BEGIN
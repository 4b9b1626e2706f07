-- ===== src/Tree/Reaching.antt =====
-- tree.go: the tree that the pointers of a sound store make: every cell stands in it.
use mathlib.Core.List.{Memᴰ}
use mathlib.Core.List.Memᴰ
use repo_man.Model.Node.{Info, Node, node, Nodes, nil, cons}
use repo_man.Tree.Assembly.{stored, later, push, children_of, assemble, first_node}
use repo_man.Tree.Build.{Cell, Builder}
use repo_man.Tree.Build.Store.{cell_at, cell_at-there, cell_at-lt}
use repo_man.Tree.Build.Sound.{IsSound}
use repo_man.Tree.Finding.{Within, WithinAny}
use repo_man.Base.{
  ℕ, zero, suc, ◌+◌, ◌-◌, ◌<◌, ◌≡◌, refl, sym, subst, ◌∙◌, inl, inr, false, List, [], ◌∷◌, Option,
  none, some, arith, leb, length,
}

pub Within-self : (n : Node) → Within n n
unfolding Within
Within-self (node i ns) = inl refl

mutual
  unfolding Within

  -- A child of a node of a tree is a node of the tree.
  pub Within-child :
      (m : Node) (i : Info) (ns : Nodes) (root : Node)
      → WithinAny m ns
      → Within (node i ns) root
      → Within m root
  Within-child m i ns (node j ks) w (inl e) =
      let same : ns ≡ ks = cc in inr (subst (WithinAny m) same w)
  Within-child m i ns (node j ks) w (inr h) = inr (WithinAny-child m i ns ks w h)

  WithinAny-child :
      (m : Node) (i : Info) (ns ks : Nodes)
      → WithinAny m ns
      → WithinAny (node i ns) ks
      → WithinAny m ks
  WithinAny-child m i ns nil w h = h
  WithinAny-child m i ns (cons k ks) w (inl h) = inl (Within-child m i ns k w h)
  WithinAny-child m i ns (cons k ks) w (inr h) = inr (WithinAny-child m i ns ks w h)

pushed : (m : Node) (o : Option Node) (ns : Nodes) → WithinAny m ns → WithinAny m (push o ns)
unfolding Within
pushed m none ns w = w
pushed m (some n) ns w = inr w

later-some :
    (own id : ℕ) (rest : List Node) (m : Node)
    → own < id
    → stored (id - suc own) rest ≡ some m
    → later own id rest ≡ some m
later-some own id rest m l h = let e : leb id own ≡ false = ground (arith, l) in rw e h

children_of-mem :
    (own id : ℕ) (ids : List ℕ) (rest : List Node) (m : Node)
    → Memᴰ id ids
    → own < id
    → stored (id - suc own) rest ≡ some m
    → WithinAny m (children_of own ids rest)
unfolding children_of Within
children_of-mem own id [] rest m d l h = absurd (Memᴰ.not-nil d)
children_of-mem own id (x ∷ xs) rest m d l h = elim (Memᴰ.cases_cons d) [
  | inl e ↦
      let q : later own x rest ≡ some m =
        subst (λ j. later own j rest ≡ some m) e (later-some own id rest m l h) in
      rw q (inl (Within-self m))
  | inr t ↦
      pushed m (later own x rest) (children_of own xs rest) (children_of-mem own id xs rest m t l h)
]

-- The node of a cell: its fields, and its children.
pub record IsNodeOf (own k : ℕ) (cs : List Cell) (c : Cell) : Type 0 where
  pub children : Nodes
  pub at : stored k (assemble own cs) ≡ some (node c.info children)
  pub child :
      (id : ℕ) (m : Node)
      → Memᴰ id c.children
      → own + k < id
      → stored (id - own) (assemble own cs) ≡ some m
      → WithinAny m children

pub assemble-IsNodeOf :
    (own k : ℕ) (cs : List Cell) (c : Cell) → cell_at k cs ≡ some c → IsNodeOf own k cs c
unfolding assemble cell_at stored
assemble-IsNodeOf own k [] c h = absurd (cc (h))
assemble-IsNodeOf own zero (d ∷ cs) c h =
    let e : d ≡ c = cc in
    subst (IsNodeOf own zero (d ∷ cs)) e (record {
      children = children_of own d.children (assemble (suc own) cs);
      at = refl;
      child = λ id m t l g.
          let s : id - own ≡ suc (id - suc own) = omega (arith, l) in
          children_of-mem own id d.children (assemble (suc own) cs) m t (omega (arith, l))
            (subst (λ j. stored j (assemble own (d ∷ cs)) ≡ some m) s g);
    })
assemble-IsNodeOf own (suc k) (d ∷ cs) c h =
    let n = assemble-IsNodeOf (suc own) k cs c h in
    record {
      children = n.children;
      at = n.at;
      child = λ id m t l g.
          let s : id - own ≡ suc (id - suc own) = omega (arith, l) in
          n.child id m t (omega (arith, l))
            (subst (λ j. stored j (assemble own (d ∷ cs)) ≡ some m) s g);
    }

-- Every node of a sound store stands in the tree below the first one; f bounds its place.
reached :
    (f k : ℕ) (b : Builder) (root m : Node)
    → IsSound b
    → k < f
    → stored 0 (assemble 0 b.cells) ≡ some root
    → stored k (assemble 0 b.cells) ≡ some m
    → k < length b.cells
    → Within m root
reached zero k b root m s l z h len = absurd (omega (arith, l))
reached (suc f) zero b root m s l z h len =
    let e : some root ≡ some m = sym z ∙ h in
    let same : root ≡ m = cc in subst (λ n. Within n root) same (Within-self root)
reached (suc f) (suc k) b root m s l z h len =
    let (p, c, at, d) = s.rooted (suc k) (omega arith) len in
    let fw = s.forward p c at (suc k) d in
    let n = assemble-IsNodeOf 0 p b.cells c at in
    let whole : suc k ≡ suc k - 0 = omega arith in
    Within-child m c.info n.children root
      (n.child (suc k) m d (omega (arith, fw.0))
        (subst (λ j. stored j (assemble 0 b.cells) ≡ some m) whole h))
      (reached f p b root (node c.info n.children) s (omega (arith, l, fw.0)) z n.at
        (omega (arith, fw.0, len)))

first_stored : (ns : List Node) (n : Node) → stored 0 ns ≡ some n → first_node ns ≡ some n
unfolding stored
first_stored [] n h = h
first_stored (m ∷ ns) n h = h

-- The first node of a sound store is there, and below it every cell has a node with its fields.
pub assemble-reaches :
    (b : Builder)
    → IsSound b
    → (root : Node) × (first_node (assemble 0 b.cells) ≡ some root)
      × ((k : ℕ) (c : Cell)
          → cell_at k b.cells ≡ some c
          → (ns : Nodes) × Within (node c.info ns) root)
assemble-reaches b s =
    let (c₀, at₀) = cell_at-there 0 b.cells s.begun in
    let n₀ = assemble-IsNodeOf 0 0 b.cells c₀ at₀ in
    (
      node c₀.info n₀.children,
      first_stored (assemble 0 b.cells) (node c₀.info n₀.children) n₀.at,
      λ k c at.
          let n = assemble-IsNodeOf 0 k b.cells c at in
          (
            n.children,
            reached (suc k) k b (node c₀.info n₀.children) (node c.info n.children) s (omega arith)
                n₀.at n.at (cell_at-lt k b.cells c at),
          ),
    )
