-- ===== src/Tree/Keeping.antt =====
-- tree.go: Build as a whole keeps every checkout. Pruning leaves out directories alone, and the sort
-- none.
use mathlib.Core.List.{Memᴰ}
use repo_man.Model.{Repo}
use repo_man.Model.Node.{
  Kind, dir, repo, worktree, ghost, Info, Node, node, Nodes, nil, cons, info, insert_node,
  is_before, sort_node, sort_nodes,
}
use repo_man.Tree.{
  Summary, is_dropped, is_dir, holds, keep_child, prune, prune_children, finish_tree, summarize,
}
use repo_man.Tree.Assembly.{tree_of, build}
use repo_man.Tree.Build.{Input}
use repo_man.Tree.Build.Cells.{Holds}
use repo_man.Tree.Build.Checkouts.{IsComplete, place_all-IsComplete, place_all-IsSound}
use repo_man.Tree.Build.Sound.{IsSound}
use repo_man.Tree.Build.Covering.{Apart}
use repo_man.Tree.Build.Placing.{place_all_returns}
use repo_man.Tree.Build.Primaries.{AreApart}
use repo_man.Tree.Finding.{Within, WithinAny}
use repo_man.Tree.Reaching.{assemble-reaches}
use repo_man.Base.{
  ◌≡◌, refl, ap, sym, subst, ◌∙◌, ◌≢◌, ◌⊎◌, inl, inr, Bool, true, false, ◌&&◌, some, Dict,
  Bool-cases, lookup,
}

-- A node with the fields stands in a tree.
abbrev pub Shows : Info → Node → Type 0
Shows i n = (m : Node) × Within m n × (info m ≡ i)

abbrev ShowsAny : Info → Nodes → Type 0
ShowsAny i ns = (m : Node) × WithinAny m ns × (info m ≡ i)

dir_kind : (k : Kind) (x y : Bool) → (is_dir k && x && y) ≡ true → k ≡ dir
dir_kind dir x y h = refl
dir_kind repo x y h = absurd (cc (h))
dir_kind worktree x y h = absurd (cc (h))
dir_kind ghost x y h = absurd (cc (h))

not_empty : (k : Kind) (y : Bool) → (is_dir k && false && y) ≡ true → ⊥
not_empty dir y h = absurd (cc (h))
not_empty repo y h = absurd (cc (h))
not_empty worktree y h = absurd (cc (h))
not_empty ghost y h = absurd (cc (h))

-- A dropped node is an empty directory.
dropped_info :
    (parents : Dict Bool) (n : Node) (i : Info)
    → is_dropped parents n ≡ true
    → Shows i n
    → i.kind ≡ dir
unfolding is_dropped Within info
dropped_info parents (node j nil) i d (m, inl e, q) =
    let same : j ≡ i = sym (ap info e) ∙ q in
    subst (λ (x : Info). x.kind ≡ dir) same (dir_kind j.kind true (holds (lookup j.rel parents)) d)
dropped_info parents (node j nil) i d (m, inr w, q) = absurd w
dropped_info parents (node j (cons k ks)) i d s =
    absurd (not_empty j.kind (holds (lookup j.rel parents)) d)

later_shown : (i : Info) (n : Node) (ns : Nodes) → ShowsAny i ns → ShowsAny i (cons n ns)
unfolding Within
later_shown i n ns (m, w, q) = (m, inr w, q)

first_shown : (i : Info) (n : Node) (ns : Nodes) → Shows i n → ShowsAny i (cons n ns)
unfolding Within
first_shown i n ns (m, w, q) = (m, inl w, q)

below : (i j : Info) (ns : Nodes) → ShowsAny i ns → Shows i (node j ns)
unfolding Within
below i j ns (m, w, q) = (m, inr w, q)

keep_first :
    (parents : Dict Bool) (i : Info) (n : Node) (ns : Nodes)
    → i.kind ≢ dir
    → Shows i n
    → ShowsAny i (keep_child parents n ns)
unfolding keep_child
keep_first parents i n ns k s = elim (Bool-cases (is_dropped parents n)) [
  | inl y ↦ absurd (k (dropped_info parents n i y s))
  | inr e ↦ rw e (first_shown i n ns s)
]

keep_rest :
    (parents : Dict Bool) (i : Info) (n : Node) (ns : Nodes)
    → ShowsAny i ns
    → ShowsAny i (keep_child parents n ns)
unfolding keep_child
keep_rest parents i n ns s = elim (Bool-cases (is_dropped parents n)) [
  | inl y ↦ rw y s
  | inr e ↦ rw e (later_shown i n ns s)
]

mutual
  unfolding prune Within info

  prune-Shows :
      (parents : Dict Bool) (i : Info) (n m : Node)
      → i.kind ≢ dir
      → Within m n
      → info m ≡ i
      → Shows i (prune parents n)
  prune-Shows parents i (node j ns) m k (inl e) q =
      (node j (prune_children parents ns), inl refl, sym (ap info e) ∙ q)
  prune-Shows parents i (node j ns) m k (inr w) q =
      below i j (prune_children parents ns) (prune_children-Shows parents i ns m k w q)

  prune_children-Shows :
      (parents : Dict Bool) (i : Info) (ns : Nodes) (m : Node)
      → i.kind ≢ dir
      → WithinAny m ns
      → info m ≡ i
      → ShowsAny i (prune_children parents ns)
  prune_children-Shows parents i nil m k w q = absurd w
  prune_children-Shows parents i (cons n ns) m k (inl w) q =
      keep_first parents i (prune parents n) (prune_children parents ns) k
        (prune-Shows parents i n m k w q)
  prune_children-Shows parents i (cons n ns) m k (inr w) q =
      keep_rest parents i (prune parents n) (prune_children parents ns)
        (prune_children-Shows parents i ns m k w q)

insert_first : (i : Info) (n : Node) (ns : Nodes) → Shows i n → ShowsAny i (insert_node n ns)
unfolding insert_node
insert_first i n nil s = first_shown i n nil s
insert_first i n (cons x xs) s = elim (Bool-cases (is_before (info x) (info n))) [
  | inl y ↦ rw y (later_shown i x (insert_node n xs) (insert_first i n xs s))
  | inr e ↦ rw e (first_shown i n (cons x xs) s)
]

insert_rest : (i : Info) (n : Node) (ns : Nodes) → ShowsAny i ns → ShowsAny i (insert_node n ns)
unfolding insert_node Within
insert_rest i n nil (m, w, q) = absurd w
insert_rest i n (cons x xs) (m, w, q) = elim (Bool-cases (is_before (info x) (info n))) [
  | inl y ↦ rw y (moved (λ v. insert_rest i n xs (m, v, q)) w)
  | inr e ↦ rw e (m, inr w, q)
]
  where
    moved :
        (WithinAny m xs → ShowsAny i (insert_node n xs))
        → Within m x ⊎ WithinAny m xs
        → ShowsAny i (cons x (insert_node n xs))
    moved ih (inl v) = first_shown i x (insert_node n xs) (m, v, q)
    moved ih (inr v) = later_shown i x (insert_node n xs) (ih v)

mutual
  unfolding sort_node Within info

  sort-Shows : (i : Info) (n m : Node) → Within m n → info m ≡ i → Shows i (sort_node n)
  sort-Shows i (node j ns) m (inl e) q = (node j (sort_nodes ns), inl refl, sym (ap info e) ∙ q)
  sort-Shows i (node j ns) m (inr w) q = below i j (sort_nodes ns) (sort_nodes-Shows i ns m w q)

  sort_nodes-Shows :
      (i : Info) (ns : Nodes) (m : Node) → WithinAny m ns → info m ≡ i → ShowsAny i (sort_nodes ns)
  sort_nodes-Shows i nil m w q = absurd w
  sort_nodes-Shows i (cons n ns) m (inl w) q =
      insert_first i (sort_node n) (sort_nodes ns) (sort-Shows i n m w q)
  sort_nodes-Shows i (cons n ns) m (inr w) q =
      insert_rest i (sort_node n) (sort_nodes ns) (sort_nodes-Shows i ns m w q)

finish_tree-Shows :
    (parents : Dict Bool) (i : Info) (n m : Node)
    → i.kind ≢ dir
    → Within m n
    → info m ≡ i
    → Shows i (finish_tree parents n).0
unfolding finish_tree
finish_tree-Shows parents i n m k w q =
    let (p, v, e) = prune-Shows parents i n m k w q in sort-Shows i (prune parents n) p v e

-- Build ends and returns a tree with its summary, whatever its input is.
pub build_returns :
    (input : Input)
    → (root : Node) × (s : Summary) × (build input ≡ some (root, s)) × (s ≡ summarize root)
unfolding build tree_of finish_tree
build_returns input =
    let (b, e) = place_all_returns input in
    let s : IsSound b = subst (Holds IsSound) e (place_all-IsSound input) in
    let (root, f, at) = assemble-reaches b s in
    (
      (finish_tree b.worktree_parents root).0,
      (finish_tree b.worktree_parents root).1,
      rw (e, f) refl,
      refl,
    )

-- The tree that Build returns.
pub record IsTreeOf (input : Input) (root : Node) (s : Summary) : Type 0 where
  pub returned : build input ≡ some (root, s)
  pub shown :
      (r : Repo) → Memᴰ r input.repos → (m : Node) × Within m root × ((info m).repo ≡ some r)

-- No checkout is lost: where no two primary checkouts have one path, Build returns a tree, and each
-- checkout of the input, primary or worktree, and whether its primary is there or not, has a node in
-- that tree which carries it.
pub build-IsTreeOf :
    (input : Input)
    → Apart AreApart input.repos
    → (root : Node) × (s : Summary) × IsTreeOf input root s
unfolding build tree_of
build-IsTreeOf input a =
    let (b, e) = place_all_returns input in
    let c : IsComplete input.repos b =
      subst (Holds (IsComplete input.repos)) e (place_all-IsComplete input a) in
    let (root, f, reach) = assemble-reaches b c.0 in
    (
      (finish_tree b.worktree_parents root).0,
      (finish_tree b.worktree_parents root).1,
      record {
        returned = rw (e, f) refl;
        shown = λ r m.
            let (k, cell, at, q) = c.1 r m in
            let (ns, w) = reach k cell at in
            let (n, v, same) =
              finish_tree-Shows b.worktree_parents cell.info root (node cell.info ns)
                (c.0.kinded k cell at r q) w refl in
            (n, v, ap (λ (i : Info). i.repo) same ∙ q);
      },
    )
END
## Work order
Reproduce each line of the material containing the word "where".

## Problem solution
pub record IsNodeOf (own k : ℕ) (cs : List Cell) (c : Cell) : Type 0 where
  where
pub record IsTreeOf (input : Input) (root : Node) (s : Summary) : Type 0 where
-- No checkout is lost: where no two primary checkouts have one path, Build returns a tree, and each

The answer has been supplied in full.